Too little norepinephrine (pronounced nora-pinna-frin) has sometimes been associated with depression, whereas too much norepinephrine brings about feelings of restlessness and the need to move.
So if you have a student in your class (with ADHD) who shows extremes of impulsive behaviour, moving around a lot, and hyperactive, it’s because they have experienced a surge of norepinephrine.
Dopamine acts on the pleasure and reward sections of the brain, and normal levels will help regulate emotional responses. People with ADHD have tended to have low levels of Dopamine, which contributes towards their inability to self regulate in terms of behaviour. Research shows that people with low dopamine activity also may be more prone to addiction and/or risk-taking (www.psychologytoday.com)

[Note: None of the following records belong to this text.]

-- ===== src/Rest/Noted.antt =====
-- network/rest_interface.c: what the context holds behind a note, and the room of a host name.
use client_sdk.Base.{
  ℕ, ◌+◌, ◌-◌, ◌<◌, ◌≤◌, ◌∙◌, sym, subst, ap, List, [], ◌∷◌, ◌++◌, All, drop, replicate,
  length-take, length-drop, length-append, ◌↔◌, ◌≡◌, refl, Bool, true, false, Option, none, some,
  Bytes, length, arith,
}
use client_sdk.Env.{Env}
use client_sdk.Types.{sdo_max_str_size, strnlen_s, bad_length}
use client_sdk.Rest.{
  IpAddress, HostName, overwrite, pointer_size, RestCtx, store_dns, cache_host_dns, keep_dns,
  cache_host_ip, keep_ip, cache_host_port, cache_tls_connection,
}

-- Nothing has been written behind the buffer of the host name.
abbrev pub Clean : Option HostName → Type 0
Clean none = Unit
Clean (some h) = h.behind ≡ []

abbrev pub Untouched : Option RestCtx → Type 0
Untouched none = Unit
Untouched (some r) = Clean r.host_dns

-- A name that is copied over another one, behind the clearing of eight bytes.
abbrev pub Fits : ℕ → Bytes → Type 0
Fits room dns = (pointer_size ≤ room) × (length dns < room)

-- A name that strnlen_s gives the length of.
abbrev pub IsName : Bytes → Type 0
IsName dns = (0 < length dns) × (length dns < 512)

-- The context notes the address, where there is one, and the port.
abbrev pub Host : Option IpAddress → Option IpAddress → Type 0
Host none noted = Unit
Host (some ip) noted = noted ≡ some ip

abbrev pub Notes : Option RestCtx → Option IpAddress → ℕ → Type 0
Notes none ip port = ⊥
Notes (some r) ip port = Host ip r.host_ip × (r.portno ≡ port)

module _ (e : Env) where
  -- The context when one name after the other has been noted.
  pub note_all : Option RestCtx → List Bytes → Option RestCtx
  note_all rest [] = rest
  note_all rest (dns ∷ names) = note_all (cache_host_dns e rest (some dns)).0 names

  -- The size of what stands behind the buffer.
  spilled : HostName → ℕ
  spilled h = length h.behind

  room : HostName → ℕ
  room h = length h.buffer

  overwrite-room : (w : Bytes) (h : HostName) → room (overwrite w h) ≡ room h
  unfolding overwrite room
  overwrite-room w h = omega (
    arith,
    length-take (length h.buffer) (w ++ drop (length w) h.buffer),
    length-append w (drop (length w) h.buffer),
    length-drop (length w) h.buffer,
  )

  overwrite-spilled :
      (w : Bytes) (h : HostName)
      → spilled (overwrite w h) ≡ (length w - room h) + (spilled h - (length w - room h))
  unfolding overwrite spilled room
  overwrite-spilled w h = omega (
    arith,
    length-append (drop (length h.buffer) w) (drop (length w - length h.buffer) h.behind),
    length-drop (length h.buffer) w,
    length-drop (length w - length h.buffer) h.behind,
  )

  -- The clearing, and a name with its terminator, over a buffer that is there.
  abbrev renamed : Bytes → HostName → HostName
  renamed dns h = overwrite (dns ++ (0 ∷ [])) (overwrite (replicate pointer_size 0) h)

  renamed-room : (dns : Bytes) (h : HostName) → room (renamed dns h) ≡ room h
  renamed-room dns h =
      overwrite-room (dns ++ (0 ∷ [])) _ ∙ overwrite-room (replicate pointer_size 0) h

  renamed-spilled :
      (dns : Bytes) (h : HostName)
      → (spilled (renamed dns h) ≡ 0) ↔ ((spilled h ≡ 0) × Fits (room h) dns)
  renamed-spilled dns h =
      let cleared = overwrite (replicate pointer_size 0) h in
      let one = overwrite-spilled (replicate pointer_size 0) h in
      let two = overwrite-spilled (dns ++ (0 ∷ [])) cleared in
      let same = overwrite-room (replicate pointer_size 0) h in
      let len : length (dns ++ (0 ∷ [])) ≡ length dns + 1 = length-append dns (0 ∷ []) in
      (
        λ none. (
          omega (arith, one, two, same, len, none),
          (omega (arith, one, two, same, len, none), omega (arith, one, two, same, len, none)),
        ),
        λ (clean, (wide, short)). omega (arith, one, two, same, len, clean, wide, short),
      )

  good_length : (dns : Bytes) → IsName dns → bad_length (strnlen_s dns sdo_max_str_size) ≡ false
  good_length dns (some_text, short) = ground arith

  note-renamed :
      (r : RestCtx) (dns : Bytes) (h : HostName)
      → r.host_dns ≡ some h
      → IsName dns
      → (cache_host_dns e (some r) (some dns)).0
        ≡ some (record r { host_dns = some (renamed dns h) })
  unfolding cache_host_dns store_dns keep_dns
  note-renamed r dns h is name = rw (good_length dns name, is) refl

  no_bytes : (s : Bytes) → length s ≡ 0 → s ≡ []
  no_bytes [] h = refl
  no_bytes (x ∷ s) h = absurd (omega (arith, h))

  renamed-Clean :
      (dns : Bytes) (h : HostName)
      → ((renamed dns h).behind ≡ []) ↔ ((h.behind ≡ []) × Fits (room h) dns)
  unfolding spilled
  renamed-Clean dns h =
      let (forth, back) = renamed-spilled dns h in
      (
        λ none. let (clean, fits) = forth (ap length none) in (no_bytes h.behind clean, fits),
        λ (clean, fits). no_bytes ((renamed dns h).behind) (back (ap length clean, fits)),
      )

  names-Untouched :
      (r : RestCtx) (h : HostName) (names : List Bytes)
      → r.host_dns ≡ some h
      → All IsName names
      → Untouched (note_all (some r) names) ↔ ((h.behind ≡ []) × All (Fits (room h)) names)
  unfolding note_all
  names-Untouched r h [] is good =
      (λ clean. (subst Clean is clean, tt), λ (clean, rest). subst Clean (sym is) clean)
  names-Untouched r h (dns ∷ names) is good =
      let (forth, back) =
        names-Untouched (record r { host_dns = some (renamed dns h) }) (renamed dns h) names refl
          good.1 in
      let (split, join) = renamed-Clean dns h in
      let same = renamed-room dns h in
      rw (note-renamed r dns h is good.0) (
        λ clean.
            let (here, later) = forth clean in
            let (before, fits) = split here in
            (before, (fits, subst (λ n. All (Fits n) names) same later)),
        λ (before, (fits, later)).
            back (join (before, fits), subst (λ n. All (Fits n) names) (sym same) later),
      )

  note-first :
      (r : RestCtx) (dns : Bytes)
      → r.host_dns ≡ none
      → ((n : ℕ) → e.alloc n ≡ true)
      → IsName dns
      → (cache_host_dns e (some r) (some dns)).0
        ≡ some (record r { host_dns = some (record { buffer = dns ++ (0 ∷ []); behind = [] }) })
  unfolding cache_host_dns store_dns keep_dns
  note-first r dns is memory name = rw (good_length dns name, is, memory (length dns + 1)) refl

  -- Where cache_host_dns notes one name after another in a context that has none, nothing is
  -- written behind the buffer of the host name exactly if every name behind the first one is not
  -- longer than it, and the first one has at least 7 characters if another follows. The names have
  -- 1 to 511 characters, and the heap gives memory.
  pub note_all-Untouched :
      (r : RestCtx) (dns : Bytes) (names : List Bytes)
      → r.host_dns ≡ none
      → ((n : ℕ) → e.alloc n ≡ true)
      → All IsName (dns ∷ names)
      → Untouched (note_all (some r) (dns ∷ names)) ↔ All (Fits (length dns + 1)) names
  unfolding note_all room
  note_all-Untouched r dns names is memory good =
      let first : HostName = record { buffer = dns ++ (0 ∷ []); behind = [] } in
      let (forth, back) =
        names-Untouched (record r { host_dns = some first }) first names refl good.1 in
      let same : length (dns ++ (0 ∷ [])) ≡ length dns + 1 = length-append dns (0 ∷ []) in
      rw (note-first r dns is memory good.0) (
        λ clean. subst (λ n. All (Fits n) names) same (forth clean).1,
        λ later. back (refl, subst (λ n. All (Fits n) names) (sym same) later),
      )

  keep_ip-Host :
      (r : RestCtx) (ip : IpAddress) (old : Option IpAddress)
      → (keep_ip e r ip old).1 ≡ true
      → (keep_ip e r ip old).0.host_ip ≡ some ip
  unfolding keep_ip
  keep_ip-Host r ip none done = ground (arith, done)
  keep_ip-Host r ip (some old) done = refl

  -- An address that is noted, and then the port.
  pub cache_host_ip-Notes :
      (rest : Option RestCtx) (ip : IpAddress) (port : ℕ)
      → (cache_host_ip e rest (some ip)).1 ≡ true
      → Notes (cache_host_port (cache_host_ip e rest (some ip)).0 port).0 (some ip) port
  unfolding cache_host_ip cache_host_port
  cache_host_ip-Notes none ip port done = ground (arith, done)
  cache_host_ip-Notes (some r) ip port done = (keep_ip-Host r ip r.host_ip done, refl)

pub cache_host_port-Notes :
    (rest : Option RestCtx) (port : ℕ)
    → (cache_host_port rest port).1 ≡ true
    → Notes (cache_host_port rest port).0 none port
unfolding cache_host_port
cache_host_port-Notes none port done = ground (arith, done)
cache_host_port-Notes (some r) port done = (tt, refl)

-- The context notes TLS where it is wanted.
abbrev pub Secured : Bool → Option RestCtx → Type 0
Secured false rest = Unit
Secured true none = ⊥
Secured true (some r) = r.tls ≡ true

pub cache_tls_connection-Notes :
    (rest : Option RestCtx) (ip : Option IpAddress) (port : ℕ)
    → (cache_tls_connection rest).1 ≡ true
    → Notes rest ip port
    → Notes (cache_tls_connection rest).0 ip port × Secured true (cache_tls_connection rest).0
unfolding cache_tls_connection
cache_tls_connection-Notes none ip port done notes = absurd notes
cache_tls_connection-Notes (some r) ip port done notes = (notes, refl)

In class, low levels of Dopamine may appear as incessant talking, calling out all the time, inappropriate language.
This neurotransmitter is associated with feelings of depression and anxiety. Some antidepressants (such as Prozac) work on the brain to increase serotonin levels and their interaction with other neurotransmitters.
As the balance of neurotransmitter ‘messages’ will be seen as a spiky profile in the ADHD brain, there is a high chance of depression and/or mood swings.
In terms of managing behavior in class, these points will have demonstrated how neurotransmitters have a vast impact on our behaviours, particularly for students with ADHD.